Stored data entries
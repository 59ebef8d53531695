-- ===== src/Core/Simulator/Summary.antt =====
-- `Simulator::summary` of core/src/simulator.cpp.
use sentinel_public.Prelude.{
  ℕ, ◌%◌, ◌^◌, Bool, true, false, List, [], ◌∷◌, ◌++◌, keep, length, ltb, ◌==◌, if◌then◌else◌,
}
use sentinel_public.Prelude.Word.{sub64, mul64}
use sentinel_public.Protocol.Actions.{AllocationConvergence, TaskReassignment}
use sentinel_public.Protocol.Observations.{SimulationSummary}
use sentinel_public.Core.Simulator.State.{Simulator, is_completed}

-- How many elements pass the test, in 32 bits.
abbrev pub count32 {ℓ} : {A : Type ℓ} → (A → Bool) → List A → ℕ
count32 p xs = length (keep p xs) % 2 ^ 32

abbrev pub larger : ℕ → ℕ → ℕ
larger a b = if ltb a b then b else a

-- The longest delay from the detection of a failure to the commit of a task that it orphaned.
unfoldable pub maximum_delay : ℕ → ℕ → List TaskReassignment → ℕ
maximum_delay step_ms longest [] = longest
maximum_delay step_ms longest (x ∷ xs) =
    let next =
      if x.complete
      then larger longest (mul64 (sub64 x.commit_tick x.detection_tick) step_ms)
      else longest in
    maximum_delay step_ms next xs

-- The measurement that is still open.
unfoldable pub open_sample : Simulator → List AllocationConvergence
open_sample s =
    if s.convergence.is_open
    then record {
      epoch = s.allocation_epoch;
      start_tick = s.convergence.start_tick;
      end_tick = s.tick;
      complete = false;
    }
      ∷ []
    else []

unfoldable pub summary : Simulator → SimulationSummary
unfolding is_completed maximum_delay open_sample
summary s =
    let completed = count32 (λ t. is_completed t.status) s.tasks in
    record {
      success = completed == length s.tasks;
      ticks = s.tick;
      terminal_hash = s.state_hash;
      tick_hashes = s.tick_hashes;
      completed_tasks = completed;
      total_tasks = length s.tasks % 2 ^ 32;
      active_agents = count32 (λ v. v.active) s.vehicles;
      wait_ticks = s.measures.wait_ticks;
      replan_count = s.measures.replan_count;
      recharge_ticks = s.measures.recharge_ticks;
      return_ticks = s.measures.return_ticks;
      route_conflicts = s.reservations.conflicts;
      travel_distance_mm = s.measures.travel_distance_mm;
      energy_consumed_mj = s.measures.energy_consumed_mj;
      rejected_commits = s.measures.rejected_commits;
      communication_bytes = s.network.communication_bytes;
      communication_messages = s.network.communication_messages;
      delivered_messages = s.network.delivered_messages;
      dropped_messages = s.network.dropped_messages;
      reordered_messages = s.network.reordered_messages;
      allocation_convergence = s.allocation_convergence ++ open_sample s;
      failure_detections = s.failure_detections;
      task_reassignments = s.task_reassignments;
      replanning_samples = s.replanning_samples;
      maximum_reassignment_delay_ms = maximum_delay s.scenario.step_ms 0 s.task_reassignments;
      missing_reassignments =
          count32 (λ x. if x.complete then false else true) s.task_reassignments;
      agent_energy_never_drops_below_zero = s.violations.agent_energy_below_zero == 0;
      agent_energy_below_zero_violations = s.violations.agent_energy_below_zero;
      committed_reservations_never_overlap = s.violations.committed_reservation_overlap == 0;
      committed_reservation_overlap_violations = s.violations.committed_reservation_overlap;
      completed_tasks_are_never_reassigned = s.violations.completed_task_reassignment == 0;
      completed_task_reassignment_violations = s.violations.completed_task_reassignment;
      incapable_agents_never_commit_tasks = s.violations.incapable_agent_commit == 0;
      incapable_agent_commit_violations = s.violations.incapable_agent_commit;
    }
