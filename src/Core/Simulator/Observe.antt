-- ===== src/Core/Simulator/Observe.antt =====
-- `Simulator::observe` of core/src/simulator.cpp: what each agent is shown of the state.
pub mod Hidden
use sentinel_public.Prelude.{
  ℕ, suc, ◌+◌, ◌*◌, ◌%◌, ◌^◌, Bool, true, false, not, ◌&&◌, ◌||◌, List, [], ◌∷◌, ◌++◌, map, keep,
  any, Option, none, some, length, get_elem?, if◌then◌else◌, Except, ok, throw, ◌>>=◌,
}
use sentinel_public.Prelude.Int.{ℤ, pos}
use sentinel_public.Prelude.Text.{Text, codes, is_empty, text_eq}
use sentinel_public.Prelude.Keyed.{find_key}
use sentinel_public.Prelude.Word.{add64, mul64}
use sentinel_public.Protocol.Messages.{TaskState}
use sentinel_public.Protocol.Actions.{AllocationState, AllocationCommit, FailureDetection}
use sentinel_public.Protocol.Observations.{AgentObservation, ObservationEnvelope, ObservationBatch}
use sentinel_public.Core.Network.Links.{link_blocked}
use sentinel_public.Core.Simulator.State.{
  Vehicle, FailureMonitor, Task, Simulator, found, is_scripted, is_open_task, vehicle_state,
  task_state, finished,
}
use sentinel_public.Core.Simulator.Failures.{is_set}
use sentinel_public.Core.Simulator.Holds.{copy_reservation}
use sentinel_public.Core.Simulator.Summary.{summary}

-- Whether the agent has detected the failure of another.
unfoldable pub detected : Simulator → Text → Text → Bool
detected s self agent_id =
    any
      (λ m. text_eq m.detector_id self && (text_eq m.failed_id agent_id && is_set m.detection_tick))
      s.failure_monitors

-- The peers that the agent can reach, itself with them.
unfoldable pub reachable : Simulator → Text → List Vehicle → Except (List Text)
unfolding link_blocked detected
reachable s self [] = ok []
reachable s self (peer ∷ peers) =
    let rest = reachable s self peers in
    if text_eq peer.spec.id self then (rest >>= λ ids. ok (peer.spec.id ∷ ids)) else do
      blocked ← link_blocked s.network self peer.spec.id
      ids ← rest
      ok (if not blocked && not (detected s self peer.spec.id) then peer.spec.id ∷ ids else ids)

abbrev pub without_progress : TaskState → TaskState
without_progress shown = record shown { progress_ticks = 0 }

abbrev pub without_owner : TaskState → TaskState
without_owner shown = record shown {
  assigned_agent_id = [];
  allocation_epoch = 0;
  allocation_version = 0;
  allocation_score = pos 0;
  bundle_position = 0;
}

-- The owner in the agent's own view, where it is another agent whose failure it has not detected.
unfoldable pub seen_owner : Simulator → Text → TaskState → Option AllocationCommit → TaskState
unfolding detected
seen_owner s self shown none = shown
seen_owner s self shown (some owner) =
    if text_eq owner.agent_id self || detected s self owner.agent_id then shown else record shown {
      assigned_agent_id = owner.agent_id;
      allocation_epoch = owner.epoch;
      allocation_version = owner.version;
      allocation_score = owner.score;
      bundle_position = owner.bundle_position;
    }

-- What the agent knows of a task.
unfoldable pub projected : Simulator → Text → AllocationState → Task → TaskState
unfolding task_state is_scripted find_key seen_owner
projected s self view current =
    if text_eq current.assigned_agent_id self
    then task_state current
    else if is_scripted s.scenario.allocation_policy
    then without_progress (task_state current)
    else seen_owner s self (without_owner (without_progress (task_state current)))
        (find_key (λ o. o.task_id) view.owners current.spec.id)

-- The tasks that are known, assigned to the agent, and available to it.
pub record Shown : Type 0 where
  pub known_tasks : List TaskState
  pub assigned_tasks : List TaskState
  pub available_tasks : List TaskState

-- Enters a task, which the agent has or not, as it is shown and as it is.
abbrev pub place_task : Bool → TaskState → TaskState → Shown → Shown
place_task own shown state rest =
    let known = shown ∷ rest.known_tasks in
    if own
    then record rest { known_tasks = known; assigned_tasks = state ∷ rest.assigned_tasks }
    else if is_empty shown.assigned_agent_id
    then record rest { known_tasks = known; available_tasks = shown ∷ rest.available_tasks }
    else record rest { known_tasks = known }

unfoldable pub show_task : Simulator → Text → AllocationState → Task → Shown → Shown
unfolding projected task_state
show_task s self view current rest =
    place_task (text_eq current.assigned_agent_id self) (projected s self view current)
      (task_state current) rest

unfoldable pub show_tasks : Simulator → Text → AllocationState → List Task → Shown
unfolding show_task
show_tasks s self view [] = record { known_tasks = []; assigned_tasks = []; available_tasks = [] }
show_tasks s self view (t ∷ ts) =
    let rest = show_tasks s self view ts in
    if is_open_task t then show_task s self view t rest else rest

abbrev pub tick_of : Option ℕ → ℕ
tick_of none = 0
tick_of (some t) = t

unfoldable pub own_detections : Simulator → Vehicle → List FailureDetection
own_detections s current =
    if current.active
    then map
        (λ m. record {
          failed_agent_id = m.failed_id;
          detector_agent_id = m.detector_id;
          failure_tick = m.failure_tick;
          detection_tick = tick_of m.detection_tick;
        })
        (keep (λ m. text_eq m.detector_id current.spec.id && is_set m.detection_tick)
          s.failure_monitors)
    else []

unfoldable pub observe_from : Simulator → ℕ → Vehicle → Except ObservationEnvelope
unfolding reachable show_tasks own_detections vehicle_state copy_reservation
observe_from s index current = do
  let self = current.spec.id
  reached ← reachable s self s.vehicles
  view ← found (get_elem? s.allocation_views index)
  let shown = show_tasks s self view s.tasks
  ok (record {
    schema_version = 1;
    sequence = add64 (mul64 s.tick (length s.vehicles)) (index + 1);
    simulation_time_ms = mul64 s.tick s.scenario.step_ms;
    sender_id = codes "sim";
    recipient_id = self;
    observation = record {
      tick = s.tick;
      step_ms = s.scenario.step_ms;
      self = vehicle_state current;
      assigned_tasks = shown.assigned_tasks;
      delivered_messages = keep (λ m. text_eq m.recipient_id self) s.delivered_messages;
      world = s.scenario.world;
      available_tasks = shown.available_tasks;
      peer_ids = map (λ v. v.spec.id) s.vehicles;
      allocation_epoch = s.allocation_epoch;
      allocation_policy = s.scenario.allocation_policy;
      known_tasks = shown.known_tasks;
      network_profile = s.network_profile;
      failure_detections = own_detections s current;
      committed_reservations =
          map copy_reservation (keep (λ c. text_eq c.agent_id self) s.reservations.committed);
      reachable_peer_ids = reached;
    };
  })

unfoldable pub observe_all : Simulator → ℕ → List Vehicle → Except (List ObservationEnvelope)
unfolding observe_from
observe_all s index [] = ok []
observe_all s index (v ∷ vs) = do
  envelope ← observe_from s index v
  rest ← observe_all s (suc index) vs
  ok (envelope ∷ rest)

unfoldable pub observe : Simulator → Except ObservationBatch
unfolding observe_all finished summary
observe s = do
  envelopes ← observe_all s 0 s.vehicles
  ok (record {
    tick = s.tick;
    observations = envelopes;
    finished = finished s;
    summary = if finished s then some (summary s) else none;
  })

• **Problem description**
Once the line with "assigned_agent_id = owner.agent_id;" is found in the records above, print exactly that line and every line after it through the line with "else if is_scripted".

• **Output**
      assigned_agent_id = owner.agent_id;
      allocation_epoch = owner.epoch;
      allocation_version = owner.version;
      allocation_score = owner.score;
      bundle_position = owner.bundle_position;
    }

-- What the agent knows of a task.
unfoldable pub projected : Simulator → Text → AllocationState → Task → TaskState
unfolding task_state is_scripted find_key seen_owner
projected s self view current =
    if text_eq current.assigned_agent_id self
    then task_state current
    else if is_scripted s.scenario.allocation_policy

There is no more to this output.